I totally know what you mean and definitely agree! It's one thing that I do really consistently in every facet of our training except for heelwork. I'm not sure why! But I was recently thinking about how I needed to be making that clear. Perfect suggestion, thanks!


----------



## DJEtzel (Feb 11, 2010)

Can anyone else give some constructive criticism?


----------



## Steve Strom (Oct 26, 2013)

Hey DJ, something else thats not really a criticism, just something I keep in mind. I know you just turned on the camera, spur of the moment, but I don't like doing any heeling inside like that. Nothing beyond attention work. As soon as you're going to move, I want it outside, in drive. I'd rather have forging then lagging.


----------



## lalachka (Aug 13, 2013)

I can't see the video. I can't critique but i want to see what Steve meant


----------



## onyx'girl (May 18, 2007)

I agree with getting outside, longer strides will show the dog better. Adding distractions besides the bones/toys on the floor may be a challenge for a younger dog. 
I couldn't hear many of the verbal communication over the music, so don't know if he was offering or doing what he was commanded. 
I like to mix up the positions, keep the dog guessing on what comes next. 
His heel position/focus is nice! Agree with not letting him sniff for dropped treat.


----------



## lalachka (Aug 13, 2013)

can you post a full link to it? I'm getting forwarded somewhere weird


----------



## onyx'girl (May 18, 2007)

https://www.youtube.com/watch?v=wO2pREyv3o8


----------



## lalachka (Aug 13, 2013)

thank you!! this works


----------



## Packen (Sep 14, 2008)

It all depends what the goal is. The level of engagement in video is good for a few seconds of work in high distraction environment before you lose the dog. 

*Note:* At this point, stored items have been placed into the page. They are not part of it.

-- ===== src/Tests/Admin.antt =====
-- The theorems on the administration at a small market.
use gamja_market.Base.{◌≡◌, refl, ◌==◌, true, false, none, some, [], ◌∷◌, is_some, ◌&&◌}
use gamja_market.Base.Text.{text, text_eq}
use gamja_market.Schema.{UserRole, UserStatus, User, user_state, Db, find_first, update_many}
use gamja_market.Schema.Action.{ok}
use gamja_market.Admin.{
  is_super_admin, is_authentic, reauthenticate, audit, log_entry, suspend, status_of, action_of,
  sanction, update_user, revoke_sessions, is_live_session, with_user_status, set_user_status,
}
use gamja_market.Admin.Laws.{is_suspension, set_user_status-Sanctioned}
use gamja_market.Tests.Data.{reserved_market}
use gamja_market.Tests.Safety.{a_user}

-- The administrator 1 and the user 2, who is signed in.
abbrev staffed_market : Db
staffed_market = record reserved_market {
  users = record (a_user 1) { role = UserRole.super_admin } ∷ a_user 2 ∷ [];
  sessions = record { user_id = 2; token_hash = 60; expires_at = 100; revoked_at = none } ∷ [];
}

abbrev suspended_market : Db
suspended_market = record staffed_market {
  users =
      record (a_user 1) { role = UserRole.super_admin }
      ∷ record (a_user 2) { status = UserStatus.suspended }
      ∷ [];
  sessions = record { user_id = 2; token_hash = 60; expires_at = 100; revoked_at = some 6 } ∷ [];
  audit_logs =
      log_entry 1 (text "USER_SUSPENDED") (text "USER") 2 (text "fraud")
        (user_state 2 (some UserRole.user) UserStatus.active)
        (user_state 2 none UserStatus.suspended)
      ∷ [];
}

user_suspended :
    set_user_status text_eq 6 1 2 suspend (text "fraud") [] staffed_market
    ≡ (ok UserStatus.suspended, suspended_market)
unfolding set_user_status reauthenticate audit sanction update_user revoke_sessions find_first
    update_many text_eq
user_suspended = refl

set_user_status-Sanctioned_example :
    (before : User) × (is_authentic text_eq [] (find_first (λ u. u.id == 1) staffed_market.users)
      ≡ true)
    × (find_first (λ u. u.id == 2) staffed_market.users ≡ some before)
    × (is_super_admin before.role ≡ false)
    × (suspended_market.users
        ≡ update_many (λ u. u.id == 2) (with_user_status (status_of suspend)) staffed_market.users)
    × (suspended_market.audit_logs
        ≡ log_entry 1
            (action_of suspend)
            (text "USER")
            2
            (text "fraud")
            (user_state 2 (some before.role) before.status)
            (user_state 2 none (status_of suspend))
          ∷ staffed_market.audit_logs)
    × (is_suspension suspend && is_some (find_first (is_live_session 2) suspended_market.sessions)
        ≡ false)
set_user_status-Sanctioned_example =
    set_user_status-Sanctioned text_eq 6 1 2 suspend (text "fraud") [] staffed_market
      suspended_market UserStatus.suspended user_suspended
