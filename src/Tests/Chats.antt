-- ===== src/Tests/Chats.antt =====
-- The theorems on messages at the small market.
use gamja_market.Base.{◌≡◌, refl, ◌==◌, some, [], ◌∷◌}
use gamja_market.Base.Text.{text, trim}
use gamja_market.Schema.{ChatMessage, Db, find_first, update_many}
use gamja_market.Schema.Action.{ok}
use gamja_market.Safety.{is_blocked}
use gamja_market.Chats.{
  access, send, try_send, store_message, create_message, update_room, catch_send, new_message,
  new_member, new_room,
}
use gamja_market.Chats.Messages.{send-replay}
use gamja_market.Tests.Data.{reserved_market}

-- A room of the users 1 and 2.
abbrev one_room : Db
one_room = record reserved_market {
  rooms = new_room 2 40 10 2 1 ∷ [];
  participants = new_member 40 2 ∷ new_member 40 1 ∷ [];
}

abbrev hello : ChatMessage
hello = new_message 6 50 40 2 (trim (text "hi"))

abbrev greeted : Db
greeted = record one_room { rooms = new_room 6 40 10 2 1 ∷ []; messages = hello ∷ [] }

hello_sent : send 6 40 2 (text "hi") 50 one_room ≡ (ok hello, greeted)
unfolding send access try_send store_message create_message update_room catch_send is_blocked
    find_first update_many
hello_sent = refl

send-replay_example :
    (find_first (λ x. x.id == 50) greeted.messages ≡ some hello)
    × (send 9 40 2 (text "hi") 50 greeted ≡ (ok hello, greeted))
send-replay_example = send-replay 6 9 40 2 50 (text "hi") one_room greeted hello hello_sent
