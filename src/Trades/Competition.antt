-- ===== src/Trades/Competition.antt =====
-- The competing requests of a product, when one of them is accepted.
use gamja_market.Base.{ℕ, ◌≡◌, ◌&&◌, some, arith, ◌==◌}
use gamja_market.Schema.{Trade, Db, is_active, is_requested, find_first, update_many, count}
use gamja_market.Schema.Action.{ok}
use gamja_market.Schema.Rows.Laws.{HasUniqueKeys, count-update_clear}
use gamja_market.Schema.Tables.{touch}
use gamja_market.Trades.Effects.{accept-Accepted}
use gamja_market.Trades.Model.{TradeView, competing_trade_reason}
use gamja_market.Trades.Transitions.{accept, as_accepted, as_rejected, as_reserved, is_competing}

-- When the ids of the trades are unique and `accept` succeeds, it took an open request of the seller
-- for a product that was offered once; then no other request for the product is open, and the
-- product is not offered.
pub accept-no_competing :
    (now user tid : ℕ) (db : Db) (v : TradeView)
    → HasUniqueKeys (λ t. t.id) db.trades
    → (accept now user tid db).0 ≡ ok v
    → let db' = (accept now user tid db).1 in
      (t : Trade) × (find_first
          (λ r. r.id == tid && (r.seller_id == user && is_requested r.status))
          db.trades
        ≡ some t)
      × (count (λ p. p.id == t.product_id && is_active p.status) db.products ≡ 1)
      × (count (is_competing t) db'.trades ≡ 0)
      × (count (λ p. p.id == t.product_id && is_active p.status) db'.products ≡ 0)
accept-no_competing now user tid db v keys r =
    let (t, found, one, ts, ps, _) = accept-Accepted now user tid db keys v r in
    (
      t,
      found,
      one,
      rw ts (
          count-update_clear (is_competing t) (is_competing t)
            (λ r. touch now (as_rejected now competing_trade_reason r))
            (update_many (λ r. r.id == tid) (λ r. touch now (as_accepted r)) db.trades)
            (λ r e. ground arith) (λ r e. e)),
      rw ps (
          count-update_clear (λ p. p.id == t.product_id && is_active p.status)
            (λ p. p.id == t.product_id && is_active p.status) as_reserved db.products
            (λ r e. ground arith) (λ r e. e)),
    )
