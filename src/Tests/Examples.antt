-- ===== src/Tests/Examples.antt =====
-- The theorems at the small market.
use gamja_market.Base.{◌≡◌, refl, true, false, ◌&&◌, none, some, [], ◌∷◌, arith, ◌==◌}
use gamja_market.Base.Int.{pos}
use gamja_market.Base.Text.{number_of, trim, text_eq}
use gamja_market.Schema.{
  transaction, TradeStatus, Payment, Product, Trade, Db, find_first, update_many, count,
  is_requested, is_active, is_accepted, is_approved,
}
use gamja_market.Schema.Action.{ok, err, not_found, trade_not_found}
use gamja_market.Schema.Rows.Laws.{HasUniqueKeys}
use gamja_market.Schema.Tables.{
  is_key_clash, touch, update_trade, update_trades, update_product, update_products, update_payment,
  update_payments, create_history, create_ledger_entry, payment_of,
}
use gamja_market.Sound.{IsSound}
use gamja_market.Trades.Transitions.{
  accept, deliver, confirm, is_competing, as_delivered, as_confirmed, is_paid, start_hold,
  reject_competing,
}
use gamja_market.Trades.Model.{serialize as serialize_trade}
use gamja_market.Trades.Effects.{Moved, deliver-Moved}
use gamja_market.Trades.Competition.{accept-no_competing}
use gamja_market.Market.Requests.{Request}
use gamja_market.Market.{perform, ◌⟶*◌, serve, here, later, revert, IsOrderly, IsTimely}
use gamja_market.Payments.Outcomes.{Reversible}
use gamja_market.Payments.Reverse.{Reversal, commit_reverse}
use gamja_market.Market.Soundness.{reachable-IsSound}
use gamja_market.Market.Errors.{perform-atomic}
use gamja_market.Payments.Model.{replay, record_operation, key}
use gamja_market.Payments.Confirm.{check_confirm, commit_confirm, confirm as capture}
use gamja_market.Payments.Escrow.{balance}
use gamja_market.Payments.Escrow.Trades.{confirm-Held}
use gamja_market.Market.Consequences.{selected_once, escrow_held}
use gamja_market.Tests.Data.{
  reserved_market, open_market, paid_market, no_hash, sandbox, a_key, captured, sale,
  reserved_market-IsSound,
}

abbrev the_capture : Request
the_capture =
    Request.capture sandbox 4 2 9
      (record { payment_key = 1 ∷ []; order_id = 9; amount_krw = b'5' ∷ b'0' ∷ b'0' ∷ b'0' ∷ [] })
      a_key

-- The market after the order was paid.
abbrev paid : Db
paid = (perform no_hash the_capture reserved_market).1

abbrev paid_steps : ◌⟶*◌ no_hash reserved_market paid
paid_steps = later (serve the_capture reserved_market) here

paid_steps-IsOrderly : IsOrderly no_hash paid_steps
unfolding IsOrderly IsTimely
paid_steps-IsOrderly = (tt, tt)

paid_allowed : Reversible 5 2 Reversal.cancel captured (sale TradeStatus.accepted) paid
unfolding perform capture check_confirm number_of commit_confirm is_key_clash key trim text_eq
    replay find_first update_many count update_payments create_ledger_entry record_operation
paid_allowed = record { row = (9, refl); trade_row = refl; captured = refl; allowed = refl }

-- The market after the payment was cancelled, its checks read at 5 and its transaction run at 6.
abbrev returned : Db
returned =
    (transaction (commit_reverse 6 2 [] [] 0 Reversal.cancel captured (sale TradeStatus.accepted))
      paid).1

abbrev returned_steps : ◌⟶*◌ no_hash reserved_market returned
returned_steps =
    later (serve the_capture reserved_market)
      (later (revert 5 6 2 [] [] 0 Reversal.cancel captured (sale TradeStatus.accepted) paid) here)

returned_steps-IsOrderly : IsOrderly no_hash returned_steps
unfolding IsOrderly IsTimely
returned_steps-IsOrderly = (tt, (paid_allowed, tt))

reachable-IsSound_example : IsSound returned
reachable-IsSound_example =
    reachable-IsSound no_hash reserved_market returned returned_steps returned_steps-IsOrderly
      reserved_market-IsSound

thrown :
    (perform no_hash (Request.accept 4 3 7) reserved_market).0 ≡ err (not_found trade_not_found)
unfolding perform accept find_first
thrown = refl

perform-atomic_example :
    (perform no_hash (Request.accept 4 3 7) reserved_market).1 ≡ reserved_market
perform-atomic_example =
    perform-atomic no_hash reserved_market (not_found trade_not_found) (Request.accept 4 3 7) thrown

captured_row : find_first (λ r. r.id == 5) paid.payments ≡ some captured
unfolding perform capture check_confirm number_of commit_confirm is_key_clash key trim text_eq
    replay find_first update_many count update_payments create_ledger_entry record_operation
captured_row = refl

sold_row : find_first (λ r. r.id == 7) paid.trades ≡ some (sale TradeStatus.accepted)
unfolding perform capture check_confirm number_of commit_confirm is_key_clash key trim text_eq
    replay find_first update_many count update_payments create_ledger_entry record_operation
sold_row = refl

selected_once_example :
    ((sale TradeStatus.accepted).id ≡ (sale TradeStatus.accepted).id)
    × ((p : Product) × (find_first (λ x. x.id == 10) paid.products ≡ some p)
        × (is_active p.status ≡ false))
selected_once_example =
    selected_once no_hash reserved_market paid paid_steps paid_steps-IsOrderly
      (sale TradeStatus.accepted) (sale TradeStatus.accepted) reserved_market-IsSound sold_row
      sold_row refl refl refl

escrow_held_example : balance 5 paid.ledger ≡ pos 5000
escrow_held_example =
    escrow_held no_hash reserved_market paid paid_steps paid_steps-IsOrderly captured
      reserved_market-IsSound captured_row refl refl

open_keys : HasUniqueKeys (λ t. t.id) open_market.trades
unfolding count
open_keys k = ground arith

accepted :
    (accept 4 1 7 open_market).0 ≡ ok (serialize_trade (touch 4 (sale TradeStatus.accepted)) 1)
unfolding accept find_first update_many count update_products update_trade create_history
    reject_competing update_trades
accepted = refl

accept-no_competing_example :
    (t : Trade) × (find_first
        (λ r. r.id == 7 && (r.seller_id == 1 && is_requested r.status))
        open_market.trades
      ≡ some t)
    × (count (λ p. p.id == t.product_id && is_active p.status) open_market.products ≡ 1)
    × (count (is_competing t) (accept 4 1 7 open_market).1.trades ≡ 0)
    × (count (λ p. p.id == t.product_id && is_active p.status) (accept 4 1 7 open_market).1.products
        ≡ 0)
accept-no_competing_example =
    accept-no_competing 4 1 7 open_market (serialize_trade (touch 4 (sale TradeStatus.accepted)) 1)
      open_keys accepted

one_sale : (status : TradeStatus) → HasUniqueKeys (λ t. t.id) (paid_market status).trades
unfolding count
one_sale status k = ground arith

abbrev delivered_sale : Trade
delivered_sale = touch 4 (as_delivered 4 (sale TradeStatus.accepted))

delivered :
    (deliver 4 1 7 (paid_market TradeStatus.accepted)).0 ≡ ok (serialize_trade delivered_sale 1)
unfolding deliver find_first update_many update_trade create_history payment_of
delivered = refl

deliver-Moved_example :
    (t : Trade) × Moved 7
      (λ r. r.seller_id == 1 && is_accepted r.status)
      (λ r. record r {
        status = TradeStatus.delivered;
        delivered_at = some 4;
        auto_confirm_at = some 604800004;
        updated_at = 4;
      })
      (record {
        trade_id = 7;
        actor_id = some 1;
        from_status = some TradeStatus.accepted;
        to_status = TradeStatus.delivered;
        reason = none;
      })
      t
      (paid_market TradeStatus.accepted)
      (deliver 4 1 7 (paid_market TradeStatus.accepted)).1
    × ((deliver 4 1 7 (paid_market TradeStatus.accepted)).1.products
        ≡ (paid_market TradeStatus.accepted).products)
    × (is_paid (payment_of 7 (paid_market TradeStatus.accepted)) ≡ true)
deliver-Moved_example =
    deliver-Moved 4 1 7 (paid_market TradeStatus.accepted) (one_sale TradeStatus.accepted)
      (serialize_trade delivered_sale 1) delivered

abbrev confirmed_sale : Trade
confirmed_sale = touch 4 (as_confirmed 4 (sale TradeStatus.delivered))

confirmed :
    (confirm 4 2 7 (paid_market TradeStatus.delivered)).0 ≡ ok (serialize_trade confirmed_sale 2)
unfolding confirm find_first update_many update_trade create_history payment_of update_product
    update_payment
confirmed = refl

confirm-Held_example :
    (p : Payment) × (payment_of 7 (paid_market TradeStatus.delivered) ≡ some p)
    × (is_approved p.status ≡ true)
    × ((confirm 4 2 7 (paid_market TradeStatus.delivered)).1.payments
        ≡ update_many
            (λ r. r.id == p.id)
            (start_hold 4)
            (paid_market TradeStatus.delivered).payments)
    × ((confirm 4 2 7 (paid_market TradeStatus.delivered)).1.ledger
        ≡ (paid_market TradeStatus.delivered).ledger)
confirm-Held_example =
    confirm-Held 4 2 7 (paid_market TradeStatus.delivered) (serialize_trade confirmed_sale 2)
      confirmed
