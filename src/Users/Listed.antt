-- ===== src/Users/Listed.antt =====
-- What one page of the list of users holds.
use mathlib.Core.List.Perm
use mathlib.Core.Logic.{∥∥₁_elim}
use hotel_crm.Prelude.{
  ℕ, zero, suc, ◌≤◌, ◌≡◌, refl, sym, ap, String, Bool, true, Option, none, some, List, [], ◌∷◌, map,
  Perm, All, All-at, All-of_at, arith, take, drop, length, keep, Bool-cases, str_eq-true, inl, inr,
}
use hotel_crm.Schema.{UserRow}
use hotel_crm.Platform.{Platform, World}
use hotel_crm.Platform.Results.{ok, err, Exception, Outcome-cases}
use hotel_crm.Users.Types.{PublicUser, public_user}
use hotel_crm.Users.Repository.{PageRequest, user_policy, newest_first, skip_for, everyone}
use hotel_crm.Users.Repository
use hotel_crm.Users.Service.{find_page, PaginatedResult}
use hotel_crm.Users.Rows.{resolve, with_current_tenant-ok, with_current_tenant-err}
use hotel_crm.Users.Effects.{current_setting}
use hotel_crm.Users.Pages.{newest_first-asym, newest_first-weak}

length-take : {A : Type 0} (n : ℕ) (xs : List A) → length (take n xs) ≤ n
length-take zero xs = omega arith
length-take (suc n) [] = omega arith
length-take (suc n) (x ∷ xs) = let rest = length-take n xs in omega arith

length-map : {A B : Type 0} (f : A → B) (xs : List A) → length (map f xs) ≡ length xs
length-map f [] = refl
length-map f (x ∷ xs) = ap suc (length-map f xs)

module _ {A : Type 0} (q : A → Bool) where
  All-take : (n : ℕ) (xs : List A) → All (λ x. q x ≡ true) xs → All (λ x. q x ≡ true) (take n xs)
  All-take zero xs h = tt
  All-take (suc n) [] h = tt
  All-take (suc n) (x ∷ xs) (h, k) = (h, All-take n xs k)

  All-drop : (n : ℕ) (xs : List A) → All (λ x. q x ≡ true) xs → All (λ x. q x ≡ true) (drop n xs)
  All-drop zero xs h = h
  All-drop (suc n) [] h = tt
  All-drop (suc n) (x ∷ xs) (h, k) = All-drop n xs k

  keep-true : (xs : List A) → All (λ x. q x ≡ true) (keep q xs)
  keep-true [] = tt
  keep-true (x ∷ xs) = elim (Bool-cases (q x)) [
    | inl e ↦ rw e (e, keep-true xs)
    | inr e ↦ rw e (keep-true xs)
  ]

  Bool-set : (b c : Bool) → IsProp (b ≡ c)
  Bool-set b c = hlevel

  Perm-true : (xs ys : List A) → Perm xs ys → All (λ x. q x ≡ true) ys → All (λ x. q x ≡ true) xs
  Perm-true xs ys p h =
      All-of_at (λ x. q x ≡ true) xs
        λ a m.
          ∥∥₁_elim (Perm.subset p a ∣ m ∣₁) (Bool-set (q a) true)
            λ n. All-at (λ x. q x ≡ true) ys h n

module _ {U T R K : Type 0} (p : Platform U T R K) where
  page-admitted :
      (s : Option String) (skip limit : ℕ) (w : World U T R)
      → (length (p.users.find_many (user_policy s) (newest_first p) skip limit w.users) ≤ limit)
        × All
            (λ r. user_policy s r ≡ true)
            (p.users.find_many (user_policy s) (newest_first p) skip limit w.users)
  page-admitted s skip limit w =
      let (xs, q, _, e) =
        p.users.find_many_lem (user_policy s) (newest_first p) skip limit w.users
          (newest_first-asym p) (newest_first-weak p) in
      rw e (
        length-take limit (drop skip xs),
        All-take (user_policy s) limit _ (
            All-drop (user_policy s) skip xs
              (Perm-true (user_policy s) xs _ q (keep-true (user_policy s) _))),
      )

  setting_tenant : (s : Option String) (r : UserRow) → user_policy s r ≡ true → s ≡ some r.tenant_id
  setting_tenant none r h = absurd (ground arith)
  setting_tenant (some u) r h = ap some (sym (str_eq-true r.tenant_id u h))

  public-tenant :
      (s : Option String) (xs : List UserRow)
      → All (λ r. user_policy s r ≡ true) xs
      → All (λ u. s ≡ some u.tenant_id) (map public_user xs)
  public-tenant s [] h = tt
  public-tenant s (x ∷ xs) (h, k) = (setting_tenant s x h, public-tenant s xs k)

  abbrev selected : Option String → PageRequest → World U T R → List UserRow
  selected s query w =
      p.users.find_many (user_policy s) (newest_first p) (skip_for query) query.limit w.users

  module _ (current : Option String) (query : PageRequest) (w : World U T R) where
    found-ok :
        (s : Option String) (t : String)
        → resolve p current ≡ ok (t, s)
        → Repository.find_page p current query w ≡ (
          ok (record {
            items = map public_user (selected s query w);
            total = p.users.count_rows (user_policy s) everyone w.users;
          }),
          w,
        )
    unfolding Repository.find_page
    found-ok s t e = with_current_tenant-ok p current s t _ w e

    found-err :
        (x : Exception)
        → resolve p current ≡ err x
        → Repository.find_page p current query w ≡ (err x, w)
    unfolding Repository.find_page
    found-err x e = with_current_tenant-err p current x _ w e

    -- A page that the service returns holds as many users as were asked for at most, and each of
    -- them is of the tenant that the policies read.
    pub find_page-ok :
        (w' : World U T R) (page : PaginatedResult PublicUser)
        → find_page p current query w ≡ (ok page, w')
        → (length page.items ≤ query.limit)
          × All (λ u. current_setting p current ≡ some u.tenant_id) page.items
    unfolding find_page
    find_page-ok w' page h = elim (Outcome-cases (resolve p current)) [
      | inr (x, e) ↦ let failed = found-err x e in absurd (ground (arith, h, failed))
      | inl ((t, s), e) ↦
          let done = found-ok s t e in
          let items : page.items ≡ map public_user (selected s query w) = ground (arith, h, done) in
          let (short, admitted) = page-admitted s (skip_for query) query.limit w in
          rw (items, e)
            (rw (length-map public_user (selected s query w)) short, public-tenant s _ admitted)
    ]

Engagement is everything, it has to be fun for the dog and the dog has to want to be with you and push you and push you for more. Only then heeling will last 10-15 minutes out there.


----------



## szariksdad (Jun 25, 2010)

Overall I like the heelwork, but agree with Packen need more drive for the food. A few small things to notice you let him start off right away with a hover but instead of complete sitting. Next at 0:29 his front shoulder is not beside your knee and gets rewarded. Then at 2:22 you do I believe a recall but he does not come in and finish in front of you before finishing by your side. This is all based on IPO heeling. For food if he drops a piece I don't let him get it instead he has to work for the next piece, in essence loses the reward because he goofed. Just food for thought.


----------



## DJEtzel (Feb 11, 2010)

onyx'girl said:


> I agree with getting outside, longer strides will show the dog better. Adding distractions besides the bones/toys on the floor may be a challenge for a younger dog.
> I couldn't hear many of the verbal communication over the music, so don't know if he was offering or doing what he was commanded.
> I like to mix up the positions, keep the dog guessing on what comes next.
> His heel position/focus is nice! Agree with not letting him sniff for dropped treat.





Packen said:


> It all depends what the goal is. The level of engagement in video is good for a few seconds of work in high distraction environment before you lose the dog.
> 
> Engagement is everything, it has to be fun for the dog and the dog has to want to be with you and push you and push you for more. Only then heeling will last 10-15 minutes out there.





szariksdad said:


> Overall I like the heelwork, but agree with Packen need more drive for the food. A few small things to notice you let him start off right away with a hover but instead of complete sitting. Next at 0:29 his front shoulder is not beside your knee and gets rewarded. Then at 2:22 you do I believe a recall but he does not come in and finish in front of you before finishing by your side. This is all based on IPO heeling. For food if he drops a piece I don't let him get it instead he has to work for the next piece, in essence loses the reward because he goofed. Just food for thought.


 Thank you guys for the added help! I didn't think that working on it indoors would hinder anything, so that was helpful insight for sure. 

My only real goal is a BH. My problem is that when he is really in drive, outside, with toys and engaged, he forges and swings out. So I have gone back to foundations inside with food while he is in lower drive to get the precision that I want, then I will put it back on a ball. 

Definite thanks on the treat dropping comments. I can't seem to get him to take them and move with me, would it be acceptable to stop to reward each time, if I'm marking during motion? 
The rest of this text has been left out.